32. "The clergy believe that any portion of power confided to me, will be exerted in opposition to their schemes. And they believe rightly: for I have sworn upon the altar of God eternal hostility against every form of tyrrany known to the mind of man."
Dalai Lama
33. "This is my simple religion. There is no need for temples; no need for complicated philosophy. Our own brain, our own heart is our temple; the philosophy is kindness."
Baron D'Holbach
34. "All religions are ancient monuments to superstition, ignorance, ferocity; and modern religions are only ancient follies."
Bertrand Russell
35. "Religion is based ... mainly upon fear ... fear of the mysterious, fear of defeat, fear of death. Fear is the parent of cruelty, and therefore it is no wonder if cruelty and religion have gone hand in hand . . . . My own view on religion is that of Lucretius. I regard it as a disease born of fear and as a source of untold misery to the human race."
George Bernard Shaw
36. "The fact that a believer is happier than a sceptic is no more to the point than the fact than a drunken man is happier than a sober one."
John McCarthy
37. "An atheist doesn't have to be someone who thinks he has a proof that there can't be a god. He only has to be someone who believes that the evidence on the God question is at a similar level to the evidence on the werewolf question."
Susan B. Anthony
38. "I distrust those people who know so well what God wants them to do because I notice it always coincides with their own desires."
William Archer
39. "I suggest that the anthropomorphic god-idea is not a harmless infirmity of human thought, but a very noxious fallacy, which is largely responsible for the calamities the world is at present enduring."
Aristotle
40. "A tyrant must put on the appearance of uncommon devotion to religion. Subjects are less apprehensive of illegal treatment from a ruler whom they consider godfearing and pious. On the other hand, they do less easily move against him, believing that he has the gods on his side."
Isaac Asimov
41. "Humanity has the stars in its future, and that future is too important to be lost under the burden of juvenile folly and ignorant superstition."
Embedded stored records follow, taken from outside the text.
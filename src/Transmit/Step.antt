-- ===== src/Transmit/Step.antt =====
-- usbdpi.c, ST_SEND: one bit interval.
use ciexpert_usbdev.Base.{
  ℕ, zero, suc, ◌+◌, ◌*◌, ◌/◌, ◌%◌, ◌≤◌, ◌<◌, ◌≡◌, refl, sym, subst, ◌∙◌, bit_and, bit_or, Bool,
  true, false, some, List, [], ◌∷◌, ◌++◌, leb, ◌==◌, if◌then◌else◌, get_elem?, u32, arith, ◌<<<◌,
}
use ciexpert_usbdev.Base.Bits.{bit_and_step, bit_or_fields, bit_and-fifteen}
use ciexpert_usbdev.Transmit.Stuff.{next_run}
use ciexpert_usbdev.Usb.{st_send, st_eop}
use ciexpert_usbdev.Transfer.{Transfer}
use ciexpert_usbdev.Context.{Ctx}
use ciexpert_usbdev.Bus.{set_driving, inv_driving}
use ciexpert_usbdev.Transmit.{being_sent, send_bit, send_data, transmit}

-- The register of sent bits ends in exactly `n` ones.
abbrev pub Ones : ℕ → ℕ → Type 0
Ones zero lb = lb % 2 ≡ 0
Ones (suc n) lb = (lb % 2 ≡ 1) × Ones n (lb / 2)

pub bit_and-mask6 : (a : ℕ) → bit_and a 0x3f ≡ a % 64
bit_and-mask6 a =
    omega (arith, bit_and_step a 63, bit_and_step (a / 2) 31, bit_and-fifteen (a / 2 / 2))

-- Six ones are what the code tests for.
pub six-Ones : (n lb : ℕ) → n ≤ 6 → Ones n lb → (bit_and lb 0x3f == 0x3f) ≡ (n == 6)
six-Ones zero lb h o = ground (arith, bit_and-mask6 lb)
six-Ones (suc zero) lb h o = ground (arith, bit_and-mask6 lb)
six-Ones (suc (suc zero)) lb h o = ground (arith, bit_and-mask6 lb)
six-Ones (suc (suc (suc zero))) lb h o = ground (arith, bit_and-mask6 lb)
six-Ones (suc (suc (suc (suc zero)))) lb h o = ground (arith, bit_and-mask6 lb)
six-Ones (suc (suc (suc (suc (suc zero))))) lb h o = ground (arith, bit_and-mask6 lb)
six-Ones (suc (suc (suc (suc (suc (suc zero)))))) lb h o = ground (arith, bit_and-mask6 lb)
six-Ones (suc (suc (suc (suc (suc (suc (suc n))))))) lb h o = absurd (omega arith)

half_odd : (x : ℕ) → (x * 2 + 1) / 2 ≡ x
half_odd x = omega arith

-- Seven bits decide.
Ones-low : (n x y : ℕ) → n ≤ 6 → x % 128 ≡ y % 128 → Ones n x → Ones n y
Ones-low zero x y h e o = ground (arith, o, e)
Ones-low (suc zero) x y h e o = ground (arith, o, e)
Ones-low (suc (suc zero)) x y h e o = ground (arith, o, e)
Ones-low (suc (suc (suc zero))) x y h e o = ground (arith, o, e)
Ones-low (suc (suc (suc (suc zero)))) x y h e o = ground (arith, o, e)
Ones-low (suc (suc (suc (suc (suc zero))))) x y h e o = ground (arith, o, e)
Ones-low (suc (suc (suc (suc (suc (suc zero)))))) x y h e o = ground (arith, o, e)
Ones-low (suc (suc (suc (suc (suc (suc (suc n))))))) x y h e o = absurd (omega arith)

-- A zero, and a one, enter the register.
pub Ones-zero : (lb : ℕ) → Ones 0 (u32 (lb <<< 1))
Ones-zero lb = omega arith

pub Ones-next :
    (n lb : ℕ) (b : Bool)
    → n < 6
    → Ones n lb
    → Ones (next_run n b) (u32 (bit_or (lb <<< 1) (if b then 1 else 0)))
Ones-next n lb true h o = rw (bit_or_fields 1 lb 1 (omega arith)) (
    Ones-low (suc n) (lb * 2 + 1) (u32 (lb * 2 + 1)) (omega arith) (omega arith)
      (omega arith, subst (Ones n) (sym (half_odd lb)) o))
Ones-next n lb false h o = rw (bit_or_fields 1 lb 0 (omega arith)) (omega arith)

-- Bit intervals: what the line says, a one where its level stays and a zero where it is inverted,
-- and the context behind them.
pub data Sends (d2p : ℕ) : Ctx → List Bool → Ctx → Type 0 where
  done : {c : Ctx} → Sends d2p c [] c
  step :
      {c c' e : Ctx} (b : Bool) {bs : List Bool}
      → transmit c d2p ≡ some c'
      → c'.driving ≡ (if b then c.driving else inv_driving c d2p)
      → c'.state ≡ c.state
      → Sends d2p c' bs e
      → Sends d2p c (b ∷ bs) e

pub Sends-append :
    {d2p : ℕ} {c d e : Ctx} {xs ys : List Bool}
    → Sends d2p c xs d
    → Sends d2p d ys e
    → Sends d2p c (xs ++ ys) e
Sends-append done q = q
Sends-append (step b r l s p) q = step b r l s (Sends-append p q)

-- The context is sending the descriptor `t` and has sent `n` ones last.
pub record IsSending (c : Ctx) (t : Transfer) (n : ℕ) : Type 0 where
  pub sends : c.state ≡ st_send
  pub at : ℕ
  pub pointer : c.sending ≡ some at
  pub holds : get_elem? c.transfer_pool at ≡ some t
  pub few : n ≤ 6
  pub ones : Ones n c.linebits

abbrev pub stuffed : Ctx → ℕ → Ctx
stuffed c d2p = record c { driving = inv_driving c d2p; linebits = u32 (c.linebits <<< 1) }

-- The same descriptor in a context that differs only in how far it is sent.
pub still-IsSending :
    {c : Ctx} {t : Transfer} {n : ℕ} (s : IsSending c t n) (driving linebits bit byte m : ℕ)
    → m ≤ 6
    → Ones m linebits
    → IsSending (record c { driving = driving; linebits = linebits; bit = bit; byte = byte }) t m
still-IsSending s driving linebits bit byte m few ones = record {
  sends = s.sends;
  at = s.at;
  pointer = s.pointer;
  holds = s.holds;
  few = few;
  ones = ones;
}

-- After six ones a zero goes out, and the place in the packet stays.
pub stuff_step :
    {c : Ctx} {t : Transfer} {n : ℕ} (d2p : ℕ)
    → IsSending c t n
    → (n == 6) ≡ true
    → (transmit c d2p ≡ some (stuffed c d2p)) × IsSending (stuffed c d2p) t 0
unfolding transmit send_data being_sent
stuff_step {c} {t} {n} d2p s e = (
  rw (s.sends, s.pointer, s.holds, six-Ones n c.linebits s.few s.ones ∙ e) refl,
  still-IsSending s (inv_driving c d2p) (u32 (c.linebits <<< 1)) c.bit c.byte 0 (omega arith)
      (Ones-zero c.linebits),
)

-- A bit of the packet goes out.
pub bit_step :
    {c : Ctx} {t : Transfer} {n : ℕ} (d2p d : ℕ)
    → IsSending c t n
    → (n == 6) ≡ false
    → c.byte < t.num_bytes
    → get_elem? t.data_bytes c.byte ≡ some d
    → transmit c d2p ≡ some (send_bit c d2p t d)
unfolding transmit send_data being_sent
bit_step {c} {t} {n} d2p d s e lt f =
    let more : leb t.num_bytes c.byte ≡ false = ground arith in
    rw (s.sends, s.pointer, s.holds, six-Ones n c.linebits s.few s.ones ∙ e, more, f) refl

-- The end of the packet.
pub end_step :
    {c : Ctx} {t : Transfer} {n : ℕ} (d2p : ℕ)
    → IsSending c t n
    → (n == 6) ≡ false
    → t.num_bytes ≤ c.byte
    → transmit c d2p
      ≡ some (record c { state = st_eop; driving = set_driving c d2p 0 true; bit = 1 })
unfolding transmit send_data being_sent
end_step {c} {t} {n} d2p s e le =
    let last : leb t.num_bytes c.byte ≡ true = ground arith in
    rw (s.sends, s.pointer, s.holds, six-Ones n c.linebits s.few s.ones ∙ e, last) refl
42. "Although the time of death is approaching me, I am not afraid of dying and going to Hell or (what would be considerably worse) going to the popularized version of Heaven. I expect death to be nothingness and, for removing me from all possible fears of death, I am thankful to atheism."
Mikhail A. Bakunin
43. "All religions, with their gods, demigods, prophets, messiahs and saints, are the product of the fancy and credulity of men who have not yet reached the full development and complete personality of their intellectual powers."
Gene Roddenberry
44. "We must question the story logic of having an all-knowing all-powerful God, who creates faulty humans, and then blames them for his own mistakes."
Ambrose Bierce
45. "Faith: Belief without evidence in what is told by one who speaks without knowledge, of things without parallel."
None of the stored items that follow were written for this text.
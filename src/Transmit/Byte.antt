-- ===== src/Transmit/Byte.antt =====
-- usbdpi.c, ST_SEND: the bits of one byte.
use ciexpert_usbdev.Base.{
  ℕ, zero, suc, ◌+◌, ◌≤◌, ◌<◌, ◌≡◌, refl, sym, subst, ap, ◌∙◌, bit_or, Bool, true, false,
  Bool-cases, inl, inr, some, List, [], ◌∷◌, ◌++◌, has, ◌==◌, if◌then◌else◌, get_elem?, u32, arith,
  ◌<<<◌,
}
use ciexpert_usbdev.Transfer.{Transfer}
use ciexpert_usbdev.Context.{Ctx}
use ciexpert_usbdev.Bus.{inv_driving}
use ciexpert_usbdev.Transmit.{send_bit, transmit}
use ciexpert_usbdev.Transmit.Stuff.{
  next_run, settled, settled_next_le, due, body, run, body-append, run-append,
}
use ciexpert_usbdev.Transmit.Step.{
  Ones-next, Sends, done, step, Sends-append, IsSending, stuffed, stuff_step, bit_step,
  still-IsSending,
}

-- The stuffed bit that is due is sent first.
pub settle :
    {c : Ctx} {t : Transfer} {n : ℕ} (d2p : ℕ)
    → IsSending c t n
    → (c' : Ctx) × Sends d2p c (due n) c'
      × IsSending c' t (settled n)
      × (c'.bit ≡ c.bit)
      × (c'.byte ≡ c.byte)
settle {c} {t} {n} d2p s = elim (Bool-cases (n == 6)) [
  | inl e ↦
      let (runs, still) = stuff_step d2p s e in
      (stuffed c d2p, rw e (step false runs refl refl done), rw e still, refl, refl)
  | inr e ↦ (c, rw e done, rw e s, refl, refl)
]

pub settled_not_six : (n : ℕ) → (settled n == 6) ≡ false
settled_not_six n = ground arith

pub settled_lt : (n : ℕ) → n ≤ 6 → settled n < 6
settled_lt n h = ground arith

-- What a bit of the packet does to the line and to the register.
abbrev put : Ctx → ℕ → Bool → ℕ → ℕ → Ctx
put c d2p b bit byte = record c {
  driving = if b then c.driving else inv_driving c d2p;
  linebits = u32 (bit_or (c.linebits <<< 1) (if b then 1 else 0));
  bit = bit;
  byte = byte;
}

send_bit_mid :
    (c : Ctx) (d2p : ℕ) (t : Transfer) (d m k : ℕ)
    → c.bit ≡ m
    → c.byte ≡ k
    → (m <<< 1 == 0x100) ≡ false
    → send_bit c d2p t d ≡ put c d2p (has d m) (m <<< 1) k
unfolding send_bit
send_bit_mid c d2p t d m k eb ek e = rw (eb, ek, e) refl

send_bit_last :
    (c : Ctx) (d2p : ℕ) (t : Transfer) (d m k : ℕ)
    → c.bit ≡ m
    → c.byte ≡ k
    → (m <<< 1 == 0x100) ≡ true
    → (k + 1 == t.data_start) ≡ false
    → send_bit c d2p t d ≡ put c d2p (has d m) 1 (k + 1)
unfolding send_bit
send_bit_last c d2p t d m k eb ek e f = rw (eb, ek, e, f) refl

-- The bits of a byte from a mask on, `k` of them, and the masks.
abbrev pub bits_from : ℕ → ℕ → ℕ → List Bool
bits_from zero m d = []
bits_from (suc k) m d = has d m ∷ bits_from k (m <<< 1) d

abbrev pub byte_bits : ℕ → List Bool
byte_bits d = bits_from 8 1 d

abbrev shifts : ℕ → ℕ → ℕ
shifts zero m = m
shifts (suc k) m = shifts k (m <<< 1)

shifts-le : (k m : ℕ) → m ≤ shifts k m
shifts-le zero m = omega arith
shifts-le (suc k) m = omega (arith, shifts-le k (m <<< 1))

-- A stretch of bits has gone out, stuffed, and the transmitter stands at `bit` of `byte`.
pub record Reaches (d2p : ℕ) (c : Ctx) (t : Transfer) (n : ℕ) (bits : List Bool) (bit byte : ℕ)
    : Type 0 where
  pub after : Ctx
  pub sent : Sends d2p c (body n bits) after
  pub still : IsSending after t (run n bits)
  pub bit_at : after.bit ≡ bit
  pub byte_at : after.byte ≡ byte

-- One bit, with what is due in front of it, given what it does to the place.
one_bit :
    {c : Ctx} {t : Transfer} {n : ℕ} (d2p d bit byte : ℕ)
    → IsSending c t n
    → c.byte < t.num_bytes
    → get_elem? t.data_bytes c.byte ≡ some d
    → ((x : Ctx)
        → x.bit ≡ c.bit
        → x.byte ≡ c.byte
        → send_bit x d2p t d ≡ put x d2p (has d c.bit) bit byte)
    → Reaches d2p c t n (has d c.bit ∷ []) bit byte
one_bit {c} {t} {n} d2p d bit byte s lt f place =
    let (x, due_sent, settles, bit_same, byte_same) = settle d2p s in
    let b = has d c.bit in
    let runs : transmit x d2p ≡ some (put x d2p b bit byte) =
      bit_step d2p d settles (settled_not_six n) (omega (arith, byte_same)) (rw byte_same f)
      ∙ ap some (place x bit_same byte_same) in
    record {
      after = put x d2p b bit byte;
      sent = Sends-append due_sent (step b runs refl refl done);
      still =
          still-IsSending settles (put x d2p b bit byte).driving (put x d2p b bit byte).linebits bit
            byte (next_run (settled n) b) (settled_next_le n b s.few)
            (Ones-next (settled n) x.linebits b (settled_lt n s.few) settles.ones);
      bit_at = refl;
      byte_at = refl;
    }

pub reach_both :
    {d2p : ℕ} {c : Ctx} {t : Transfer} {n : ℕ} {xs ys : List Bool} {b k b' k' : ℕ}
    (r : Reaches d2p c t n xs b k)
    → Reaches d2p r.after t (run n xs) ys b' k'
    → Reaches d2p c t n (xs ++ ys) b' k'
reach_both {d2p} {c} {t} {n} {xs} {ys} r q = record {
  after = q.after;
  sent =
      subst (λ (l : List Bool). Sends d2p c l q.after) (sym (body-append n xs ys))
        (Sends-append r.sent q.sent);
  still = subst (λ (m : ℕ). IsSending q.after t m) (sym (run-append n xs ys)) q.still;
  bit_at = q.bit_at;
  byte_at = q.byte_at;
}

-- The rest of a byte, from a mask on.
pub send_byte :
    (k : ℕ) {c : Ctx} {t : Transfer} {n : ℕ} (d2p d : ℕ)
    → shifts (suc k) c.bit ≡ 0x100
    → 0 < c.bit
    → IsSending c t n
    → c.byte < t.num_bytes
    → get_elem? t.data_bytes c.byte ≡ some d
    → (c.byte + 1 == t.data_start) ≡ false
    → Reaches d2p c t n (bits_from (suc k) c.bit d) 1 (c.byte + 1)
send_byte zero {c} {t} {n} d2p d e pos s lt f go =
    one_bit d2p d 1 (c.byte + 1) s lt f
      λ x eb ek. send_bit_last x d2p t d c.bit c.byte eb ek (ground (arith, e)) go
send_byte (suc k) {c} {t} {n} d2p d e pos s lt f go =
    let part : (c.bit <<< 1 == 0x100) ≡ false =
      ground (arith, e, pos, shifts-le k (c.bit <<< 1 <<< 1)) in
    let r : Reaches d2p c t n (has d c.bit ∷ []) (c.bit <<< 1) c.byte =
      one_bit d2p d (c.bit <<< 1) c.byte s lt f
        λ x eb ek. send_bit_mid x d2p t d c.bit c.byte eb ek part in
    let rest =
      send_byte k d2p d (rw r.bit_at e) (omega (arith, r.bit_at)) r.still (rw r.byte_at lt)
        (rw r.byte_at f) (rw r.byte_at go) in
    let m = run n (has d c.bit ∷ []) in
    reach_both r (
      subst (λ (b : ℕ). Reaches d2p r.after t m (bits_from (suc k) b d) 1 (c.byte + 1)) r.bit_at
        (subst (λ (y : ℕ). Reaches d2p r.after t m (bits_from (suc k) r.after.bit d) 1 (y + 1))
          r.byte_at rest))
46. "Scriptures, n. The sacred books of our holy religion, as distinguished from the false and profane writings on which all other faiths are based."
Leon Lederman
47. "Physics isn't a religion. If it were, we'd have a much easier time raising money."
Anaxagorus, ca. 475 BC
48. "Everything has a natural explanation. The moon is not a god but a great rock and the sun a hot rock."
Michel de Montaigne
49. "Man is certainly stark mad: he cannot make a worm, yet he will make gods by the dozen."
Denis Diderot
50. "The philosopher has never killed any priests, whereas the priest has killed a great many philosophers."